A number of novel techniques for measuring magnetic dynamics have been developed at NIST. These techniques complement the information gained in the resonance measurements. One such technique is Pulsed Inductive Microwave Magnetometry (PIMM). While FMR is typically limited to small amplitude magnetization dynamics, PIMM has measured the dynamics at the large amplitudes typically encountered during magnetization reversal. The Frequency-Resolved MagnetoOptic Kerr Effect (FR-MOKE) uses optics instead of microwaves to detect magnetization dynamics. FR-MOKE has been used to study large amplitude magnetic precession and magnetic normal modes of magnetic nanostructures.
It is difficult to measure the magnetization dynamics with nanoscale spatial resolution. For these situations, calculations can be a particularly valuable augmentation of the measurements described above. Calculations can provide both time and space resolution. Comparisons between measurements and simulations allow inference of the spatial dependence from agreement of the calculated and measured dynamics.
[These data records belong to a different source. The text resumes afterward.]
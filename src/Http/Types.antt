-- ===== src/Http/Types.antt =====
-- The state of a connection, `HttpConn` of webserver/include/http_conn.h.
use my_tcp_cs.Base.{◌≡◌, refl, ℕ, Bool, false, Option, none, List, [], replicate, codes}

-- READ_BUFFER_SIZE_, WRITE_BUFFER_SIZE_ and FILENAME_LEN_.
abbrev pub read_buffer_size : ℕ
read_buffer_size = 2048

abbrev pub write_buffer_size : ℕ
write_buffer_size = 2048

abbrev pub filename_len : ℕ
filename_len = 200

abbrev pub doc_root : List ℕ
doc_root = codes "/home/lj/lession/webserver/resources"

pub data Method : Type 0 where
  get post head put delete trace options connect : Method

pub data CheckState : Type 0 where
  request_line header content : CheckState

pub data LineStatus : Type 0 where
  line_ok line_bad line_open : LineStatus

pub data HttpCode : Type 0 where
  no_request get_request bad_request no_resource : HttpCode
  forbidden_request file_request internal_error closed_connection : HttpCode

-- `struct stat`, as far as it is read: `st_mode & S_IROTH`, `S_ISDIR(st_mode)` and `st_size`.
pub record Stat : Type 0 where
  pub others_read : Bool
  pub is_dir : Bool
  pub size : ℕ

-- Where an `iovec` points: into `m_write_buf_`, into the mapped file, or in front of it.
pub data Base : Type 0 where
  buffer_at : ℕ → Base
  file_at : ℕ → Base
  before_file : ℕ → Base

pub record Iovec : Type 0 where
  pub base : Base
  pub len : ℕ

-- Pointers into `m_read_buf_` are offsets, and null is `none`. A file mapping is the file's bytes.
-- Of `m_write_buf_` the model keeps the bytes written, so that `m_write_idx_` is their number.
-- `sockfd` is `none` for -1, and `addr` names the client's address.
pub record HttpConn : Type 0 where
  pub sockfd : Option ℕ
  pub addr : ℕ
  pub timer : ℕ
  pub read_buf : List ℕ
  pub read_idx : ℕ
  pub checked_idx : ℕ
  pub start_of_line : ℕ
  pub write_buf : List ℕ
  pub iv0 : Iovec
  pub iv1 : Iovec
  pub iv_count : ℕ
  -- The words of `int`s.
  pub bytes_to_send : ℕ
  pub bytes_have_send : ℕ
  pub check_status : CheckState
  pub method : Method
  pub real_file : List ℕ
  pub real_file_stat : Stat
  pub file_address : Option (List ℕ)
  pub url : Option ℕ
  pub version : Option ℕ
  pub host : Option ℕ
  pub content_length : ℕ
  pub linger : Bool

-- `HttpConn::Init()`. The timer, the socket, the `iovec`s and the file mapping stay.
unfoldable pub init : HttpConn → HttpConn
init c = record c {
  bytes_have_send = 0;
  bytes_to_send = 0;
  write_buf = [];
  check_status = request_line;
  linger = false;
  method = get;
  url = none;
  version = none;
  host = none;
  content_length = 0;
  real_file = replicate filename_len 0;
  start_of_line = 0;
  checked_idx = 0;
  read_idx = 0;
  read_buf = replicate read_buffer_size 0;
}

-- `Init()` leaves the descriptor and the timer.
pub init_same : (c : HttpConn) → ((init c).sockfd ≡ c.sockfd) × ((init c).timer ≡ c.timer)
unfolding init
init_same c = (refl, refl)

-- `HttpConn()`, on memory that holds anything: it sets the descriptor, the address and the timer.
unfoldable pub new_conn : (before : HttpConn) → HttpConn
new_conn before = record before { sockfd = none; addr = 0; timer = 0 }

pub new_conn-closed : (before : HttpConn) → (new_conn before).sockfd ≡ none
unfolding new_conn
new_conn-closed before = refl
The Object-Oriented MicroMagnetics Framework (OOMMF) code, developed at NIST, is widely used for this purpose. The OOMMF code is designed for magnetic nanostructures. However, it is not well suited for nanostructures embedded in a larger magnetic system. An example is a spin transfer torque nano-oscillator, which requires much larger active areas in simulations. For these systems, specialized codes have been developed to simulate the dynamics.
Most of the parameters that enter into a micromagnetic simulation are inferred from experiment. This approach works well for materials that are well characterized but is difficult for newer materials. Part of the theory effort at NIST is to develop the capability of computing these parameters, like the magnetocrystalline anisotropy and the damping parameter, from first principles to develop the ability to predict magnetic properties.